Evaluating four pooling methods (D1, D2, D3 and MPR) for variable selection in multiply imputed datasets for categorical, dichotomous, and continuous variables in logistic regression analyses with a BWS-procedure, the MPR-pooling method performed consistently better than the other methods to select categorical variables in smaller datasets (N ≤ 500 participants). The variable selection frequencies, their P-values, the selection frequencies of the prognostic models as well as their stability were more similar to the analyses in the complete datasets using the MPR-method.
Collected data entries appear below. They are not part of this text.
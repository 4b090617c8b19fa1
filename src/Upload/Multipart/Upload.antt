-- ===== src/Upload/Multipart/Upload.antt =====
-- api-put-object-multipart.go: putObjectMultipartNoStream, and api-put-object.go:
-- putObjectMultipartStreamNoLength. The loop runs while the part number is at most the number of
-- parts: `remaining` is the number of parts that are left.
use mefs_sdk_go.Prelude.{
  ℕ, zero, suc, ◌+◌, ◌-◌, List, [], ◌∷◌, ◌==◌, if◌then◌else◌, ltb, leb, length, Option, none, some,
  ◌⊎◌, inl, inr,
}
use mefs_sdk_go.Prelude.Text.{Text}
use mefs_sdk_go.Upload.PartInfo.{info, refused, unspecified, optimal_part_info}
use mefs_sdk_go.Upload.Multipart.Session.{
  UploadError, refused_parts, no_part_size, read_failed, missing_part, CompletePart, Log, Server,
  Stream, ReadEnd, no_error, unexpected_eof, eof, other_error, read_full, check_names,
  new_upload_id, upload_part, complete_multipart_upload, abort_multipart_upload,
}

-- what a round does with what it read
pub data Action : Type 0 where
  stop send send_last : Action
  fail : Text → Action

-- the tests of `rErr` in putObjectMultipartNoStream
unfoldable pub no_stream_action : ℕ → ReadEnd → Action
no_stream_action number eof = stop
no_stream_action number (other_error e) = fail e
no_stream_action number no_error = send
no_stream_action number unexpected_eof = send

-- the tests of `rErr` in putObjectMultipartStreamNoLength: the first part is sent even when it is empty
unfoldable pub no_length_action : ℕ → ReadEnd → Action
no_length_action number eof = if ltb 1 number then stop else send_last
no_length_action number (other_error e) = fail e
no_length_action number no_error = send
no_length_action number unexpected_eof = send

-- `partsInfo`, a map with the numbers of the parts as its keys
unfoldable pub save_part : List (ℕ × CompletePart) → ℕ → CompletePart → List (ℕ × CompletePart)
save_part [] number part = (number, part) ∷ []
save_part ((n, q) ∷ m) number part =
    let rest = save_part m number part in if n == number then (n, part) ∷ m else (n, q) ∷ rest

unfoldable pub find_part : List (ℕ × CompletePart) → ℕ → Option CompletePart
find_part [] number = none
find_part ((n, q) ∷ m) number = if n == number then some q else find_part m number

-- The variables of the loop.
pub record Progress : Type 0 where
  pub reader : Stream
  pub log : Log
  pub part_number : ℕ
  pub parts_info : List (ℕ × CompletePart)
  pub total_uploaded_size : ℕ

-- the updates after a part that was sent
unfoldable pub advanced : Progress → Text → Stream → Log → CompletePart → Progress
unfolding save_part
advanced p body reader' log' part = record {
  reader = reader';
  log = log';
  part_number = p.part_number + 1;
  parts_info = save_part p.parts_info p.part_number part;
  total_uploaded_size = p.total_uploaded_size + length body;
}

-- the loop over the parts `i`, `count` of them, in putting the complete request together
unfoldable pub collect_parts : List (ℕ × CompletePart) → ℕ → ℕ → UploadError ⊎ List CompletePart
unfolding find_part
collect_parts m i zero = inr []
collect_parts m i (suc count) = elim (find_part m i) [
  | none ↦ inl (missing_part i)
  | some part ↦ elim (collect_parts m (i + 1) count) [
    | inl e ↦ inl e
    | inr parts ↦ inr (part ∷ parts)
  ]
]

unfoldable pub insert_part : CompletePart → List CompletePart → List CompletePart
insert_part p [] = p ∷ []
insert_part p (q ∷ l) =
    let rest = insert_part p l in if leb p.part_number q.part_number then p ∷ q ∷ l else q ∷ rest

-- `sort.Sort(completedParts(...))`
unfoldable pub sort_parts : List CompletePart → List CompletePart
unfolding insert_part
sort_parts [] = []
sort_parts (p ∷ l) = insert_part p (sort_parts l)

module _ (server : Server) (bucket_name object_name : Text) where
  -- what follows the answer to a part; an early return is its number of bytes and its error
  unfoldable pub after_part :
      Progress
      → Text
      → Stream
      → (Progress → Progress × Option (ℕ × UploadError))
      → Log × (UploadError ⊎ CompletePart)
      → Progress × Option (ℕ × UploadError)
  after_part p body reader' next (log', inl e) =
      (record p { reader = reader'; log = log' }, some (p.total_uploaded_size, e))
  after_part p body reader' next (log', inr part) = next (advanced p body reader' log' part)

  -- the body of the loop, after the read; `next` is the rest of the loop
  unfoldable pub round :
      (ℕ → ReadEnd → Action)
      → Text
      → Progress
      → (Progress → Progress × Option (ℕ × UploadError))
      → Text × ReadEnd × Stream
      → Progress × Option (ℕ × UploadError)
  round action upload_id p next (body, end, reader') = elim (action p.part_number end) [
    | stop ↦ (record p { reader = reader' }, none)
    | fail e ↦ (record p { reader = reader' }, some (0, read_failed e))
    | send ↦
        after_part p body reader' next
          (upload_part server bucket_name object_name upload_id body p.part_number p.log)
    | send_last ↦
        after_part p body reader' (λ p'. (p', none))
          (upload_part server bucket_name object_name upload_id body p.part_number p.log)
  ]

  unfoldable pub upload_loop :
      (ℕ → ReadEnd → Action) → Text → ℕ → ℕ → Progress → Progress × Option (ℕ × UploadError)
  upload_loop action upload_id part_size zero p = (p, none)
  upload_loop action upload_id part_size (suc remaining) p =
      round action upload_id p (upload_loop action upload_id part_size remaining)
        (read_full part_size p.reader)

  -- what follows the loop: the parts are collected, sorted and completed
  unfoldable pub finish_upload : Text → Progress → Log × Option (ℕ × UploadError)
  finish_upload upload_id p = elim (collect_parts p.parts_info 1 (p.part_number - 1)) [
    | inl e ↦ (p.log, some (0, e))
    | inr parts ↦
        let (log', failed) =
          complete_multipart_upload server bucket_name object_name upload_id (sort_parts parts)
            p.log in
        (log', elim failed [ none ↦ none | some e ↦ some (p.total_uploaded_size, e) ])
  ]

  -- the deferred function: an error aborts the upload
  unfoldable pub settle : Text → ℕ → Log × Option (ℕ × UploadError) → Log × ℕ × Option UploadError
  settle upload_id n (log, none) = (log, n, none)
  settle upload_id n (log, some (m, e)) =
      (abort_multipart_upload server bucket_name object_name upload_id log, m, some e)

  -- an early return, or what follows the loop, and then the deferred function
  unfoldable pub after_loop :
      Text → Progress × Option (ℕ × UploadError) → Log × ℕ × Option UploadError
  after_loop upload_id (p, some early) = settle upload_id p.total_uploaded_size (p.log, some early)
  after_loop upload_id (p, none) =
      settle upload_id p.total_uploaded_size (finish_upload upload_id p)

  -- from the new upload on
  unfoldable pub upload_parts :
      (ℕ → ReadEnd → Action) → Text → ℕ → ℕ → Stream → Log → Log × ℕ × Option UploadError
  upload_parts action upload_id count part_size reader log = after_loop upload_id (
      upload_loop action upload_id part_size count (record {
        reader = reader;
        log = log;
        part_number = 1;
        parts_info = [];
        total_uploaded_size = 0;
      }))

  -- both functions, which differ in their tests of `rErr`
  unfoldable pub put_object_parts :
      (ℕ → ReadEnd → Action) → ℕ → Stream → Log → Log × ℕ × Option UploadError
  put_object_parts action configured_part_size reader log =
      elim (check_names bucket_name object_name) [
        | some e ↦ (log, 0, some e)
        | none ↦ elim (optimal_part_info none configured_part_size) [
          | refused e ↦ (log, 0, some (refused_parts e))
          | unspecified ↦ (log, 0, some no_part_size)
          | info count part_size last ↦
              let (log', answer) = new_upload_id server bucket_name object_name log in
              elim answer [
                | inl e ↦ (log', 0, some e)
                | inr upload_id ↦ upload_parts action upload_id count part_size reader log'
              ]
        ]
      ]

  unfoldable pub put_object_multipart_no_stream : ℕ → Stream → Log → Log × ℕ × Option UploadError
  put_object_multipart_no_stream = put_object_parts no_stream_action

  unfoldable pub put_object_multipart_stream_no_length :
      ℕ → Stream → Log → Log × ℕ × Option UploadError
  put_object_multipart_stream_no_length = put_object_parts no_length_action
For continuous and dichotomous variables none of the four pooling methods performed actually better than one of the others. In large datasets there were almost no differences between the four pooling methods. These results were confirmed in the analyzes in a real-world dataset (NHANES). Considering that MPR is the most simple and easy pooling method to use for epidemiologists and applied researchers, we carefully recommend using the MPR-method to pool categorical variables with more than two levels after MI in combination with BWS-procedures. Because MPR never performed worse than the other methods in continuous and dichotomous variables we also advice to use MPR in these types of variables.